New York Daily News

A BAD APPLE

Eli a ‘cancer’ as Giants implode

- GARY MYERS

IT WAS inevitable in this miserable awful dysfunctio­nal season: Giant on Giant crime. If the NFL would permit it, the Giants should just head to the airport right now and forget about Sunday’s final game against Washington.

Give the 25,000 people who are going up show up at MetLife a full refund as a holiday gift and get on with cleansing away the stench of this season.

In a record-setting four months of franchise humiliatio­n, the locker room finally fractured Tuesday when Pro Bowl safety Landon Collins, the Giants’ second-best player after Odell Beckham Jr., went on ESPN radio in New York and called teammate Eli Apple a “cancer” who needs to be sent on his way off the team.

It doesn’t get any stronger. It doesn’t get any worse. Infighting is the last sign of a shattered team.

When the Giants decide on a new GM, and it will likely be Dave Gettleman, and he has a hand in picking a new coach, one of the first issues on their agenda will be what to do about Apple. He is just 22 years old, was a first-round pick only a year ago and plays a premium position and he has elite skills.

But he has maturity issues. He’s been a knucklehea­d. Now he has teammate issues.

“There’s one corner that has to establish and needs to grow, and we all know who that is,” Collins said. “That would be the only person I would change out of our secondary group. The other two guys — DRC and Jackrabbit — I love those two guys. They play hard. They love what they do. But, that first pick, he’s a cancer.” That first pick is Apple. Collins could have just called him a bad apple. He called him a cancer. Now that Apple has been called out as a “cancer,” it’s going to be very difficult for him to walk back into the locker room, not only today, when the Giants begin preparatio­ns for Washington, but going forward as well. Although just in his third season, Collins has emerged as one of the strongest voices on the team. He is also respected throughout the locker room. Although he did not have nearly the type of impactful season he had in 2016, when he was first-team All Pro and a contender for defensive player on the year, he is so well thought of around the league that he was named to the Pro Bowl for the second straight year. The secondary had been a soap opera this year. First it was Dominique-Rodgers Cromartie getting suspended one game. Then Jackrabbit Jenkins was suspended one game. Then Apple’s mother had brain surgery, and then he was made inactive four straight games (it seemed like an unannounce­d suspension), played 60 snaps on defense against the Eagles one week ago and then only on special teams against the Cardinals on Sunday.

In the middle of all this, Eli Manning was benched for one game and the next day Ben McAdoo and GM Jerry Reese were fired.

It’s unusual but not unpreceden­ted for a player to call a teammate a cancer in the locker room. But it’s rare that they attach their name to it. Collins is so fed up with Apple that he obviously didn’t care about any repercussi­ons. He probably had all he could take when he recently said he’s been trying to help Apple through his rough times and Apple denied it.
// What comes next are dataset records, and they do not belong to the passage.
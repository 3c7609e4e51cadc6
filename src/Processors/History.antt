-- ===== src/Processors/History.antt =====
-- Processors against a history of calls: what is to hold whenever they are stopped.
use nugpgpu.Prelude.{
  ℕ, ◌≡◌, Bool, true, false, List, [], ◌∷◌, Option, none, some, if◌then◌else◌, ◌==◌,
}
use nugpgpu.Platform.{Platform}
use nugpgpu.Machine.{State, spin_unlock}
use nugpgpu.Regrw.Clients.{Call, run_call}
use nugpgpu.Processors.{Point, idle, entering, spinning, inside, leaving, left, Cpu, System, finish}
use nugpgpu.Processors.Alike.{Alike, IsBlind}
use nugpgpu.Processors.Bodies.{returned}

-- The calls of a processor in the history, the newest first.
abbrev pub calls_of : ℕ → List (ℕ × Call) → List Call
calls_of i [] = []
calls_of i ((j, c) ∷ h) = if j == i then c ∷ calls_of i h else calls_of i h

-- `xs` the other way round, then `ys`.
abbrev pub rev_onto : {A : Type 0} → List A → List A → List A
rev_onto [] ys = ys
rev_onto (x ∷ xs) ys = rev_onto xs (x ∷ ys)

abbrev pub owns : ℕ → Option ℕ → Bool
owns i none = false
owns i (some j) = i == j

module _ {W : Type 0} where
  abbrev pub is_inside : Point W → Bool
  is_inside idle = false
  is_inside (entering d) = false
  is_inside spinning = false
  is_inside (inside c b) = true
  is_inside leaving = false
  is_inside (left d) = false

  -- What the code of a processor still does to the state, the unlock included, and what it will
  -- have returned then.
  abbrev pub rest : Point W → State W → State W
  rest idle s = s
  rest (entering d) s = s
  rest spinning s = s
  rest (inside c b) s = (spin_unlock (finish b s).1).1
  rest leaving s = s
  rest (left d) s = s

  abbrev pub promised : Point W → List ℕ → State W → List ℕ
  promised idle vs s = vs
  promised (entering d) vs s = vs
  promised spinning vs s = vs
  promised (inside c b) vs s = (finish b s).0 ∷ vs
  promised leaving vs s = vs
  promised (left d) vs s = vs

  abbrev pub PointIsBlind : Point W → Type 0
  PointIsBlind idle = Unit {0}
  PointIsBlind (entering d) = Unit {0}
  PointIsBlind spinning = Unit {0}
  PointIsBlind (inside c b) = IsBlind b
  PointIsBlind leaving = Unit {0}
  PointIsBlind (left d) = Unit {0}

module _ {W : Type 0} ⦃p : Platform W⦄ where
  -- The calls of the history, one after the other.
  abbrev pub replay : List (ℕ × Call) → State W → State W
  replay [] s = s
  replay ((i, c) ∷ h) s = run_call c (replay h s)

  -- What they return to processor `i`.
  abbrev pub answers : ℕ → List (ℕ × Call) → State W → List ℕ
  answers i [] s = []
  answers i ((j, c) ∷ h) s =
      if j == i then returned c (replay h s) ∷ answers i h s else answers i h s

  -- The state that is left when whoever has the lock gives it back.
  abbrev pub settled : Option ℕ → (ℕ → Cpu W) → State W → State W
  settled none cpus s = s
  settled (some j) cpus s = rest (cpus j).point s

  pub record IsLinear (programs : ℕ → List Call) (s : State W) (k : System W) : Type 0 where
    pub ordered : (i : ℕ) → rev_onto (calls_of i k.history) (k.cpus i).calls ≡ programs i
    pub exclusive : (i : ℕ) → is_inside (k.cpus i).point ≡ owns i k.owner
    pub blind : (i : ℕ) → PointIsBlind (k.cpus i).point
    pub alike : Alike (settled k.owner k.cpus k.state) (replay k.history s)
    pub answered :
        (i : ℕ) → promised (k.cpus i).point (k.cpus i).results k.state ≡ answers i k.history s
“He’s got lot of personal things that’s going on in his life at this point that no player is — I’m surprised he’s still here,” Collins said. “And didn’t kind of step away from the game, because most players would. He’s got a lot going on with the situation. That’s when you have to be a brother toward him and tell him we got your back and we’re here for you.”
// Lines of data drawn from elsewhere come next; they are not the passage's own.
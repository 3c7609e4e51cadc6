-- ===== src/Processors/Rules.antt =====
-- One processor set among the others, and what a processor has and does without the lock.
use nugpgpu.Prelude.{
  ℕ, ◌≡◌, ◌≢◌, refl, sym, ap, arith, true, false, List, ◌∷◌, Option, none, some, ◌==◌, ==_iff,
  Bool-cases, inl, inr,
}
use mathlib.Core.Path.{subst}
use nugpgpu.Platform.{Platform}
use nugpgpu.Machine.{State, spin_unlock}
use nugpgpu.Regrw.Clients.{Call}
use nugpgpu.Processors.{Point, idle, entering, spinning, inside, leaving, left, Cpu, update}
use nugpgpu.Processors.Alike.{Alike, finish-Alike}
use nugpgpu.Processors.Bodies.{returned}
use nugpgpu.Processors.History.{
  calls_of, owns, is_inside, rest, promised, PointIsBlind, replay, answers,
}

pub owns_lem : (i : ℕ) (o : Option ℕ) → owns i o ≡ true → o ≡ some i
owns_lem i none e = cc
owns_lem i (some j) e = ap some (sym ((==_iff i j).0 e))

pub owns-other : (i j : ℕ) → j ≢ i → owns j (some i) ≡ false
owns-other i j ne = ground arith

pub calls_of_self :
    (i : ℕ) (c : Call) (h : List (ℕ × Call)) → calls_of i ((i, c) ∷ h) ≡ c ∷ calls_of i h
calls_of_self i c h = ground arith

pub calls_of_other :
    (i j : ℕ) (c : Call) (h : List (ℕ × Call)) → j ≢ i → calls_of j ((i, c) ∷ h) ≡ calls_of j h
calls_of_other i j c h ne = ground arith

module _ {W : Type 0} ⦃p : Platform W⦄ where
  pub answers_self :
      (i : ℕ) (c : Call) (h : List (ℕ × Call)) (s : State W)
      → answers i ((i, c) ∷ h) s ≡ returned c (replay h s) ∷ answers i h s
  answers_self i c h s = ground arith

  pub answers_other :
      (i j : ℕ) (c : Call) (h : List (ℕ × Call)) (s : State W)
      → j ≢ i
      → answers j ((i, c) ∷ h) s ≡ answers j h s
  answers_other i j c h s ne = ground arith

  -- What holds of the processor that is set and of each other one holds of each.
  pub update_rule :
      (P : ℕ → Cpu W → Type 0) (i : ℕ) (c : Cpu W) (cpus : ℕ → Cpu W)
      → P i c
      → ((j : ℕ) → j ≢ i → P j (cpus j))
      → (j : ℕ) → P j (update i c cpus j)
  update_rule P i c cpus here others j = elim (Bool-cases (j == i)) [
    | inl e ↦ rw e (subst (λ n. P n c) (sym ((==_iff j i).0 e)) here)
    | inr e ↦ rw e (others j (ground arith))
  ]

  pub update_self : (i : ℕ) (c : Cpu W) (cpus : ℕ → Cpu W) → update i c cpus i ≡ c
  update_self i c cpus = ground arith

  pub promised-outside :
      (at : Point W) (vs : List ℕ) (s : State W) → is_inside at ≡ false → promised at vs s ≡ vs
  promised-outside idle vs s e = refl
  promised-outside (entering d) vs s e = refl
  promised-outside spinning vs s e = refl
  promised-outside (inside c b) vs s e = cc
  promised-outside leaving vs s e = refl
  promised-outside (left d) vs s e = refl

  pub PointIsBlind-outside : (at : Point W) → is_inside at ≡ false → PointIsBlind at
  PointIsBlind-outside idle e = tt
  PointIsBlind-outside (entering d) e = tt
  PointIsBlind-outside spinning e = tt
  PointIsBlind-outside (inside c b) e = cc
  PointIsBlind-outside leaving e = tt
  PointIsBlind-outside (left d) e = tt

  pub rest-outside : (at : Point W) (s : State W) → is_inside at ≡ false → rest at s ≡ s
  rest-outside idle s e = refl
  rest-outside (entering d) s e = refl
  rest-outside spinning s e = refl
  rest-outside (inside c b) s e = cc
  rest-outside leaving s e = refl
  rest-outside (left d) s e = refl

  -- Whoever is inside does not mind another depth.
  pub rest-Alike :
      (at : Point W) (vs : List ℕ) (s t : State W)
      → PointIsBlind at
      → Alike s t
      → Alike (rest at s) (rest at t) × (promised at vs s ≡ promised at vs t)
  rest-Alike idle vs s t blind e = (e, refl)
  rest-Alike (entering d) vs s t blind e = (e, refl)
  rest-Alike spinning vs s t blind e = (e, refl)
  rest-Alike (inside c b) vs s t blind e =
      let (value, after) = finish-Alike b s t blind e in
      (ap (λ (u : State W). (spin_unlock u).1) after, ap (λ v. v ∷ vs) value)
  rest-Alike leaving vs s t blind e = (e, refl)
  rest-Alike (left d) vs s t blind e = (e, refl)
Apple denied that Collins has been mentoring him.

“Landon? No,” he said. “I talk to Brandon Marshall, DRC always been a good person because he kind of went through the same thing around my age a little bit.”

Collins was a bit confused when told Apple said they never spoke.
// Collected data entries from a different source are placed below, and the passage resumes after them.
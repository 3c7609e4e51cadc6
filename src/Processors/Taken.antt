-- ===== src/Processors/Taken.antt =====
-- A processor takes the lock: its call is the next in the order in which they got it.
use nugpgpu.Prelude.{ℕ, ◌≡◌, ◌∙◌, sym, ap, arith, false, List, ◌∷◌, Option, none, some}
use mathlib.Core.Path.{subst}
use nugpgpu.Platform.{Platform}
use nugpgpu.Machine.{State, spin_lock, spin_unlock}
use nugpgpu.Regrw.Clients.{Call}
use nugpgpu.Processors.{spinning, inside, Cpu, System, update, finish, body, take}
use nugpgpu.Processors.Alike.{core, Alike, finish-Alike, body-IsBlind}
use nugpgpu.Processors.Bodies.{returned, body_lem}
use nugpgpu.Processors.History.{
  calls_of, rev_onto, owns, is_inside, rest, promised, PointIsBlind, replay, answers, settled,
  IsLinear,
}
use nugpgpu.Processors.Rules.{
  owns-other, calls_of_self, calls_of_other, answers_self, answers_other, update_rule, update_self,
  promised-outside,
}

module _ {W : Type 0} ⦃p : Platform W⦄ where
  module _ (programs : ℕ → List Call) (s0 : State W) (i : ℕ) (k : System W)
      (lin : IsLinear programs s0 k) (c : Call) (cs : List Call) where
    -- Processor `i` behind the lock, with the code of the call before it.
    abbrev taker : Cpu W
    taker = record (k.cpus i) { calls = cs; point = inside c (body c) }

    abbrev locked_state : State W
    locked_state = (spin_lock k.state).1

    abbrev at_history : State W
    at_history = replay k.history s0

    take-ordered :
        (k.cpus i).calls ≡ c ∷ cs
        → (j : ℕ)
        → rev_onto (calls_of j ((i, c) ∷ k.history)) (update i taker k.cpus j).calls ≡ programs j
    take-ordered next =
        update_rule (λ j d. rev_onto (calls_of j ((i, c) ∷ k.history)) d.calls ≡ programs j) i taker
          k.cpus
          (ap (λ l. rev_onto l cs) (calls_of_self i c k.history)
            ∙ ap (λ l. rev_onto (calls_of i k.history) l) (sym next)
            ∙ lin.ordered i)
          (λ j ne.
            ap (λ l. rev_onto l (k.cpus j).calls) (calls_of_other i j c k.history ne)
            ∙ lin.ordered j)

    take-answered :
        ((j : ℕ) → is_inside (k.cpus j).point ≡ false)
        → (finish (body c) locked_state).0 ≡ returned c at_history
        → (j : ℕ)
        → promised (update i taker k.cpus j).point (update i taker k.cpus j).results locked_state
          ≡ answers j ((i, c) ∷ k.history) s0
    take-answered outside value =
        update_rule
          (λ j d. promised d.point d.results locked_state ≡ answers j ((i, c) ∷ k.history) s0) i
          taker k.cpus
          (ap (λ v. v ∷ (k.cpus i).results) value
            ∙ ap (λ vs. returned c at_history ∷ vs)
                (sym (promised-outside (k.cpus i).point (k.cpus i).results k.state (outside i))
                  ∙ lin.answered i)
            ∙ sym (answers_self i c k.history s0))
          (λ j ne.
            promised-outside (k.cpus j).point (k.cpus j).results locked_state (outside j)
            ∙ sym (promised-outside (k.cpus j).point (k.cpus j).results k.state (outside j))
            ∙ lin.answered j
            ∙ sym (answers_other i j c k.history s0 ne))

    -- The lock is free, and processor `i` takes it.
    pub take-IsLinear :
        k.owner ≡ none
        → (k.cpus i).point ≡ spinning
        → (k.cpus i).calls ≡ c ∷ cs
        → IsLinear programs s0 (take i c cs none k)
    take-IsLinear free e next =
        let outside : (j : ℕ) → is_inside (k.cpus j).point ≡ false =
          λ j. lin.exclusive j ∙ ap (owns j) free in
        let now : Alike k.state at_history =
          subst (λ (o : Option ℕ). Alike (settled o k.cpus k.state) at_history) free lin.alike in
        let (value, after) =
          finish-Alike (body c) locked_state (spin_lock at_history).1 (body-IsBlind W c)
            (ap (λ (u : State W). (spin_lock u).1) now) in
        let (alone, returns) = body_lem c at_history in
        record {
          ordered = take-ordered next;
          exclusive =
              update_rule (λ j d. is_inside d.point ≡ owns j (some i)) i taker k.cpus (ground arith)
                (λ j ne. outside j ∙ sym (owns-other i j ne));
          blind =
              update_rule (λ j d. PointIsBlind d.point) i taker k.cpus (body-IsBlind W c)
                (λ j ne. lin.blind j);
          alike =
              ap (λ (x : Cpu W). core (rest x.point locked_state)) (update_self i taker k.cpus)
              ∙ ap (λ (u : State W). (spin_unlock u).1) after
              ∙ alone;
          answered = take-answered outside (value ∙ returns);
        }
“Is that what he said? I guess he don’t remember things. I don’t know. It is what it is,” said Collins. “I don’t want to start no controvers­y with my teammate. I know I have (spoken to him) and I know what I did. I spoke highly of him. It is what it is.”

A story over the weekend on nj.com detailed how Apple’s mother recently divorced his stepfather, who had played a big part in his life, but now he has stopped talking to him. Apple has not addressed A that situation. fter a somewhat promising rookie year in 2016 after the Giants drafted him 10th overall out of Ohio State, this season has been a train wreck for Apple. He was criticized for a lack of hustle on a third-and-33 play against the Rams that resulted in a touchdown and then was awful the following week in San Francisco and was one of McAdoo’s main targets in the “brutally honest” film session a few days later.

Collins calling Apple a cancer is about as bad as it gets. But it was inevitable the Giants would turn on each other.